ACC is very rare; incidence is estimated to be around 1-2 cases per million. It can occur at any age but is most prevalent in children under five and adults aged 40-50.
Symptoms
The symptoms of Adrenal Cortical Carcinoma vary depending on the hormones produced by the tumour and whether the cancer has spread to other parts of the body. Common signs and symptoms include:
- Hormonal imbalance: Excess production of hormones, such as cortisol, aldosterone, and androgens, can lead to symptoms such as weight gain, high blood pressure, muscle weakness, and irregular menstruation. Hormonal imbalance can also cause excessive hair growth in women (hirsutism) due to increased production of androgens; in men, hormone changes may cause enlarged breast tissue and shrinking testicles.
- Abdominal pain: Discomfort or pain in the abdomen, often due to the enlargement of the tumour or pressure on surrounding organs.
- Mass effect symptoms: As the tumour grows, it can compress nearby structures, causing symptoms such as nausea, vomiting, abdominal fullness, and urinary symptoms.
- Unexplained weight loss: In some cases, individuals may experience unexplained weight loss despite increased appetite.
- Fatigue: Persistent fatigue and weakness may occur due to the metabolic demands of the cancer and hormonal imbalances.
- Fever: Some individuals may develop a fever, often as a result of inflammation or infection associated with the tumour.

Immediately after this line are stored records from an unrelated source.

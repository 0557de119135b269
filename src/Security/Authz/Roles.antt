-- ===== src/Security/Authz/Roles.antt =====
-- klauthed-security/src/authz/role.rs. A `BTreeSet` is a list that no insertion repeats; its
-- iteration order, which only the order of the walk depends on, is the order of insertion here.
use rust_libraries.Prelude.{
  ℕ, zero, suc, String, Option, none, some, List, [], ◌∷◌, if◌then◌else◌, contains, set_insert,
  set_extend, string_eq, length, ◌+◌,
}
use rust_libraries.Prelude.Map.{Map, get, insert}
use rust_libraries.Security.Authz.Permission.{Permission, text_instance}

pub record Role : Type 0 where
  pub name : String
  pub permissions : List Permission
  pub parents : List String

unfoldable pub new_role : String → Role
new_role name = record { name = name; permissions = []; parents = [] }

unfoldable pub with_permissions : Role → List Permission → Role
with_permissions r ps = record r { permissions = set_extend r.permissions ps }

unfoldable pub inherits : Role → List String → Role
inherits r parents = record r { parents = set_extend r.parents parents }

unfoldable pub grant : Role → Permission → Role
grant r p = record r { permissions = set_insert p r.permissions }

unfoldable pub inherit : Role → String → Role
inherit r parent = record r { parents = set_insert parent r.parents }

abbrev pub RoleRegistry : Type 0
RoleRegistry = Map String Role

unfoldable pub define : RoleRegistry → Role → RoleRegistry
define reg role = insert role.name role reg

unfoldable pub role : RoleRegistry → String → Option Role
role reg name = get name reg

-- `Vec::extend` on a stack whose top is the head of the list: the last one pushed is on top.
abbrev pub push_all : List String → List String → List String
push_all [] stack = stack
push_all (x ∷ xs) stack = push_all xs (x ∷ stack)

-- The `while let Some(name) = stack.pop()` loop, on fuel; `none` means that the fuel ran out.
unfoldable pub walk :
    RoleRegistry → ℕ → List String → List String → List Permission → Option (List Permission)
walk reg zero stack visited perms = none
walk reg (suc fuel) [] visited perms = some perms
walk reg (suc fuel) (name ∷ stack) visited perms =
    let skip = walk reg fuel stack visited perms in
    let unknown = walk reg fuel stack (name ∷ visited) perms in
    if contains name visited then skip else elim (get name reg) [
      | none ↦ unknown
      | some r ↦
          walk reg fuel (push_all r.parents stack) (name ∷ visited) (set_extend perms r.permissions)
    ]

unfoldable pub parents_total : RoleRegistry → ℕ
parents_total [] = 0
parents_total ((_, r) ∷ reg) = length r.parents + parents_total reg

-- Every pop takes a name off, and each role pushes its parents once: this fuel is enough.
unfoldable pub effective_permissions : RoleRegistry → List String → Option (List Permission)
unfolding walk parents_total
effective_permissions reg names =
    walk reg (suc (length names + parents_total reg)) (push_all names []) [] []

- Skin changes: Pink or purple stretch marks may develop on the skin.
Diagnosis
Diagnosing adrenal cortical carcinoma involves a combination of medical history, physical examination, imaging tests, and laboratory studies. Diagnostic procedures may include imaging tests, using CT, PET, and MRI scans to visualise the size, location and extent of the tumour, tissue sample biopsies to confirm diagnosis and assess the tumour’s characteristics, and blood and urine tests to determine if the tumour is producing excess hormones.
Treatment
Treatment requires a multidisciplinary approach, which may include surgery, chemotherapy, radiation therapy and targeted therapy.
The primary treatment for localised ACC is a surgical removal of the tumour. In some cases, a complete resection of the tumour may offer a chance of cure. Chemotherapy and/or radiation therapy can be used before or after surgery to shrink the tumour, destroy cancer cells or prevent recurrence. For unresectable tumours, adrenolytic treatment with antihormonal drugs may be a treatment option.
Finally, targeted therapy for genetic mutations or molecular pathways involved in the growth and spread of ACC is an option for some individuals.
Summary
Adrenal Cortical Carcinoma is a rare but aggressive cancer that originates in the adrenal glands. Early detection, accurate diagnosis, and prompt treatment are essential for improving outcomes and quality of life for individuals affected by this condition. Continued research and advancements in treatment modalities hold promise for better outcomes and management of ACC in the future.